We demonstrate here that genes can be rationally associated with plant traits through guilt-by-association in a gene network. For this purpose, we created AraNet, a genome-wide gene network for A. thaliana, a reference organism for flowering plants, including many crops. AraNet is the most extensive gene network for any plant thus far; gene annotations derived by network guilt-by-association extend substantially beyond current gene annotations. We validated the network’s predictive power by cross-validation tests, independent pathway and phenotype datasets, cell-specific expression datasets, and by experiments on computationally selected candidate genes.
AraNet generates at least two main types of testable hypotheses. The first type uses a set of genes known to be involved in a specific process as bait to find new genes involved in that process. This test is useful if the bait genes are well-connected (i.e.

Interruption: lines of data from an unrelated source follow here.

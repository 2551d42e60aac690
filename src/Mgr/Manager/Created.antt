-- ===== src/Mgr/Manager/Created.antt =====
-- mgr/mgr.go: what CreateService asks of Windows, and what it holds behind.
use winsvc.Prelude.{ℕ, ◌≡◌, ◌≢◌, ◌∙◌, false, not, ◌∷◌, is_empty, ◌==◌, if◌then◌else◌, arith, ◌⊎◌}
use winsvc.Unicode.{GoString, has_nul}
use winsvc.Winapi.Constants
use winsvc.Winapi.Procs
use winsvc.Winapi.Types.{CreateServiceArgs}
use winsvc.Winapi.System.{Call, Os, Trace, calls, Outcome, ok, err, panic, return, resume, ◌>>=◌}
use winsvc.Winapi.Resources.{sc_handle, live}
use winsvc.Mgr.Strings.{to_string_block}
use winsvc.Mgr.Strings.Pointers.{pointer, to_ptr_then}
use winsvc.Mgr.Config.{Config, update_description}
use winsvc.Mgr.Manager.{Mgr, Service, with_defaults, create_call, create_service}

-- The text of a configuration can be passed to Windows: no NUL in it.
abbrev pub IsPassable : Config → Type 0
IsPassable c =
    (has_nul c.binary_path_name ≡ false)
    × (has_nul c.load_order_group ≡ false)
    × (has_nul c.service_start_name ≡ false)
    × (has_nul c.display_name ≡ false)
    × (has_nul c.password ≡ false)
    × (has_nul c.description ≡ false)

-- The request for a service with a configuration.
abbrev pub creation : Mgr → (name : GoString) → Config → CreateServiceArgs
creation m name c = record {
  mgr = m.handle;
  service_name = pointer name;
  display_name = pointer c.display_name;
  access = Constants.service_all_access;
  srv_type = Constants.service_win32_own_process;
  start_type = c.start_type;
  err_ctl = c.error_control;
  path_name = pointer c.binary_path_name;
  load_order_group = pointer c.load_order_group;
  tag_id = 0;
  dependencies = to_string_block c.dependencies;
  service_start_name = pointer c.service_start_name;
  password = pointer c.password;
}

pub create_call-creation :
    (m : Mgr) (name exepath : GoString) (c : Config) (os : Os) (t : Trace)
    → has_nul name ≡ false
    → has_nul exepath ≡ false
    → IsPassable c
    → create_call m name exepath c os t
      ≡ Procs.create_service (creation m name (record c { binary_path_name = exepath })) os t
unfolding create_call
create_call-creation m name exepath c os t n x (path, group, account, display, password, desc) =
    to_ptr_then os t name _ n
    ∙ to_ptr_then os t c.display_name _ display
    ∙ to_ptr_then os t exepath _ x
    ∙ to_ptr_then os t c.load_order_group _ group
    ∙ to_ptr_then os t c.service_start_name _ account
    ∙ to_ptr_then os t c.password _ password

-- The configuration that is asked for: manual start and normal error control where the number is
-- 0, and the path given apart.
abbrev pub requested : (exepath : GoString) → Config → Config
requested exepath c = record c {
  start_type = if c.start_type == 0 then Constants.service_demand_start else c.start_type;
  error_control = if c.error_control == 0 then Constants.service_error_normal else c.error_control;
  binary_path_name = exepath;
}

abbrev creating : Mgr → (name exepath : GoString) → Config → Call
creating m name exepath c = Call.create_service (creation m name (requested exepath c))

abbrev describing : (handle : ℕ) → GoString → Call
describing h desc =
    Call.change_service_config2 h Constants.service_config_description
      (record { description = pointer desc })

-- How CreateService ends from a trace on.
module _ (m : Mgr) (name exepath : GoString) (c : Config) (t : Trace) where
  abbrev pub EndsCreated : Outcome Service × Trace → Type 0
  EndsCreated (ok s, t') =
      (s.name ≡ name)
      × (s.handle ≢ 0)
      × (live t' ≡ sc_handle s.handle ∷ live t)
      × (calls t' ≡ (
          if is_empty c.description
          then creating m name exepath c ∷ calls t
          else describing s.handle c.description ∷ creating m name exepath c ∷ calls t))
  EndsCreated (err e, t') =
      ((live t' ≡ live t) × (calls t' ≡ creating m name exepath c ∷ calls t))
      ⊎ ((h : ℕ) × (h ≢ 0)
          × (live t' ≡ sc_handle h ∷ live t)
          × (calls t' ≡ describing h c.description ∷ creating m name exepath c ∷ calls t))
  EndsCreated (panic, t') = ⊥

update_description-describing :
    (h : ℕ) (desc : GoString) (os : Os) (t : Trace)
    → has_nul desc ≡ false
    → update_description h desc os t
      ≡ Procs.change_service_config2 h Constants.service_config_description
          (record { description = pointer desc })
          os
          t
unfolding update_description
update_description-describing h desc os t n = to_ptr_then os t desc _ n

-- Behind the creation.
described-EndsCreated :
    (m : Mgr) (name exepath : GoString) (c : Config) (os : Os) (t : Trace)
    → has_nul c.description ≡ false
    → EndsCreated m name exepath c t (
        resume
          (Procs.create_service (creation m name (requested exepath c)) os t)
          (λ h. do
            _ ←
                (if not (is_empty c.description)
                  then update_description h c.description
                  else return tt)
            return (record { name = name; handle = h }))
          os)
unfolding Procs.create_service Procs.change_service_config2
described-EndsCreated m name exepath c os t n =
    let request = creating m name exepath c in
    let reply = os t request in
    ground (arith, update_description-describing reply.r0 c.description os ((request, reply) ∷ t) n)

-- For text without NUL CreateService asks for the service, with a manual start and the normal
-- error control in place of 0 and the path given apart, and then for its description if there
-- is one; when it returns a service it holds the new handle only, and when it fails it either
-- made the first call alone and holds nothing new, or it made both and still holds the handle.
pub create_service-EndsCreated :
    (m : Mgr) (name exepath : GoString) (c : Config) (os : Os) (t : Trace)
    → has_nul name ≡ false
    → has_nul exepath ≡ false
    → IsPassable c
    → EndsCreated m name exepath c t (create_service m name exepath c os t)
unfolding create_service with_defaults
create_service-EndsCreated m name exepath c os t n x
      (path, group, account, display, password, desc) =
    rw
      (create_call-creation m name exepath (requested exepath c) os t n x
        (x, group, account, display, password, desc))
      (described-EndsCreated m name exepath c os t desc)
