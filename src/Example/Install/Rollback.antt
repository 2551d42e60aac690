-- ===== src/Example/Install/Rollback.antt =====
-- installService behind CreateService: it deletes the service that it created where the event
-- source cannot be registered.
use winsvc.Prelude.{
  is_empty, ℕ, ◌≡◌, ◌≢◌, ◌⊎◌, inl, inr, refl, ap, ◌∙◌, ◌||◌, ◌==◌, Bool, true, false, some, List,
  [], ◌∷◌, ◌++◌, arith,
}
use winsvc.Unicode.{GoString, codes, encode, has_nul, same_text}
use winsvc.Winapi.System.{
  Call, Error, wrapped, Os, Trace, Outcome, ok, err, panic, M, Attempt, returned, failed, settle,
  resume, ignore, deferred, after,
}
use winsvc.Winapi.Observed.{Keeps}
use winsvc.Winapi.Procs
use winsvc.Mgr.Manager.Created.{creation, requested, create_call-creation}
use winsvc.Mgr.Control
use winsvc.Mgr.Manager.{Mgr, Service, with_defaults, create_service}
use winsvc.EventLog.Source
use winsvc.EventLog.Source.Returning.{install_as_event_create-Returns}
use winsvc.Example.Install.{named_config, or_delete, register}
use winsvc.Example.Install.Stored.{service_key, is_service, installed, delete_refused, Manages}
use winsvc.Example.Install.Kept.{close_service-Keeps, services, install-Keeps}

abbrev pub IsSourceError : Error → Type 0
IsSourceError e = (e' : Error) × (e ≡ wrapped (codes "SetupEventLogSource() failed: ") e')

module _ (fold : List ℕ → List ℕ) (first : List ℕ → Bool) (name : GoString) (n : List ℕ) where
  abbrev pub WithService : (before : Bool) → Trace → Type 0
  WithService before t = installed fold first n t ≡ (same_text (service_key fold name) n || before)

  -- A new service; or an error and the services as they were; or the error of the event source
  -- with the new service left behind, since its deletion was refused.
  abbrev pub EndsAtomic : (known before : Bool) → Outcome (Unit {0}) × Trace → Type 0
  EndsAtomic known before (ok u, t) = (known ≡ false) × WithService before t
  EndsAtomic known before (err e, t) =
      (installed fold first n t ≡ before)
      ⊎ ((known ≡ false) × IsSourceError e × (delete_refused t ≡ true) × WithService before t)
  EndsAtomic known before (panic, t) = ⊥

module _ (os : Os) (fold : List ℕ → List ℕ) (first : List ℕ → Bool)
    (os_manages : Manages os fold first) (name : GoString) (n : List ℕ) where
  abbrev pub Created : (known before : Bool) → Outcome Service × Trace → Type 0
  Created known before (ok s, t) =
      (known ≡ false)
      × (is_service fold s.handle n t ≡ same_text (service_key fold name) n)
      × WithService fold first name n before t
  Created known before (err e, t) = installed fold first n t ≡ before
  Created known before (panic, t) = ⊥

  pub create_service-Created :
      (m : Mgr) (desc exepath : GoString) (t : Trace) (known : Bool)
      → is_empty name ≡ false
      → has_nul name ≡ false
      → has_nul desc ≡ false
      → has_nul exepath ≡ false
      → installed fold first (service_key fold name) t ≡ known
      → Created known
          (installed fold first n t)
          (create_service m name exepath (named_config desc) os t)
  unfolding create_service with_defaults Procs.create_service has_nul
  create_service-Created m desc exepath t known e h k l i =
      let args = creation m name (requested exepath (named_config desc)) in
      let named : args.service_name ≡ some (encode name ++ 0 ∷ []) = rw e refl in
      rw
        (create_call-creation m name exepath (requested exepath (named_config desc)) os t h l
          (l, refl, refl, k, refl, refl))
        (ground (arith, i, os_manages.taken t args (encode name ++ 0 ∷ []) named))

  deleted-EndsAtomic :
      (s : Service) (e : Error) (t : Trace) (before : Bool)
      → (same_text (service_key fold name) n ≡ true → before ≡ false)
      → (is_service fold s.handle n t ≡ same_text (service_key fold name) n)
      → WithService fold first name n before t
      → (refused : Bool) → ((os t (Call.delete_service s.handle)).r0 == 0) ≡ refused
      → EndsAtomic fold first name n false before (or_delete s (failed e) os t)
  unfolding or_delete
  deleted-EndsAtomic s e t before new h k true r =
      rw (r) (inr (refl, (e, refl), ground arith, ground arith))
  deleted-EndsAtomic s e t before new h k false r = rw (r) (inl (ground arith))

  or_delete-EndsAtomic :
      (s : Service) (x : Attempt (Unit {0})) (t : Trace) (before : Bool)
      → (same_text (service_key fold name) n ≡ true → before ≡ false)
      → (is_service fold s.handle n t ≡ same_text (service_key fold name) n)
      → WithService fold first name n before t
      → EndsAtomic fold first name n false before (or_delete s x os t)
  unfolding or_delete
  or_delete-EndsAtomic s (returned u) t before new h k = (refl, k)
  or_delete-EndsAtomic s (failed e) t before new h k =
      deleted-EndsAtomic s e t before new h k ((os t (Call.delete_service s.handle)).r0 == 0) refl

  or_delete-resumed :
      (s : Service) (x : Outcome (Unit {0}) × Trace) (before : Bool)
      → x.0 ≢ panic
      → (same_text (service_key fold name) n ≡ true → before ≡ false)
      → (is_service fold s.handle n x.1 ≡ same_text (service_key fold name) n)
      → WithService fold first name n before x.1
      → EndsAtomic fold first name n false before (resume (settle x) (or_delete s) os)
  or_delete-resumed s (ok u, t) before p new h k =
      or_delete-EndsAtomic s (returned u) t before new h k
  or_delete-resumed s (err e, t) before p new h k =
      or_delete-EndsAtomic s (failed e) t before new h k
  or_delete-resumed s (panic, t) before p new h k = absurd (p refl)

  register-EndsAtomic :
      (s : Service) (t : Trace) (before : Bool)
      → has_nul name ≡ false
      → (same_text (service_key fold name) n ≡ true → before ≡ false)
      → (is_service fold s.handle n t ≡ same_text (service_key fold name) n)
      → WithService fold first name n before t
      → EndsAtomic fold first name n false before (register name s os t)
  unfolding register
  register-EndsAtomic s t before plain new h k =
      let kept = install-Keeps fold first s.handle n name 7 os t in
      or_delete-resumed s (Source.install_as_event_create name 7 os t) before
        (install_as_event_create-Returns name 7 plain os t) new (ap (λ x. x.0) kept ∙ h)
        (ap (λ x. x.1) kept ∙ k)

  -- A deferred call that leaves the services alone.
  pub after-EndsAtomic :
      (d : M (Unit {0})) (known before : Bool) (x : Outcome (Unit {0}) × Trace)
      → Keeps (services fold first 0 n) d
      → EndsAtomic fold first name n known before x
      → EndsAtomic fold first name n known before (after x d os)
  after-EndsAtomic d known before (ok u, t) k (h, l) = (h, ap (λ x. x.1) (k os t) ∙ l)
  after-EndsAtomic d known before (err e, t) k (inl l) = inl (ap (λ x. x.1) (k os t) ∙ l)
  after-EndsAtomic d known before (err e, t) k (inr (h, s, r, l)) =
      inr (h, s, ap (λ x. x.2) (k os t) ∙ r, ap (λ x. x.1) (k os t) ∙ l)
  after-EndsAtomic d known before (panic, t) k v = absurd v

  pub Created-EndsAtomic :
      (x : Outcome Service × Trace) (known before : Bool)
      → has_nul name ≡ false
      → (same_text (service_key fold name) n ≡ true → before ≡ known)
      → Created known before x
      → EndsAtomic fold first name n known before
          (resume x (λ s. deferred (ignore (Control.close s)) (register name s)) os)
  Created-EndsAtomic (ok s, t) known before plain new (e, h, k) = rw e (
      after-EndsAtomic (ignore (Control.close s)) false before (register name s os t)
        (close_service-Keeps fold first 0 n s)
        (register-EndsAtomic s t before plain (λ same. new same ∙ e) h k))
  Created-EndsAtomic (err e, t) known before plain new h = inl h
  Created-EndsAtomic (panic, t) known before plain new h = absurd h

, high AUC). We used the set of genes conferring seed pigmentation defects (AUC = 0.68) as bait and found a 10-fold enrichment in identifying mutants with comparable phenotypes. Of the 318 GO biological processes with ≥5 genes, ~43% have AUCs of at least 0.68 (Supplementary Table 14
), suggesting that AraNet will be useful in identifying new genes in nearly half of these biological processes. In practice, this translates into identifying a small set of new genes from a relatively limited scale screen of the top network-predicted candidates (e.g., computer simulations suggest finding an average of 4-7 novel genes from tests of the top 200 candidates for biological processes with AUC >0.6; Supplementary Fig. 12
). The second type of hypotheses involves predicting functions for uncharacterized genes. We assayed predicted phenotypes for three uncharacterized genes, two of which showed phenotypes in the predicted processes, response to drought and meristem development. There are 4,479 uncharacterized genes in AraNet (30% of protein-coding genes) with links to characterized genes, suggesting broad utility for AraNet in identifying candidate functions. Both of these modes of operation can be easily performed on the AraNet website.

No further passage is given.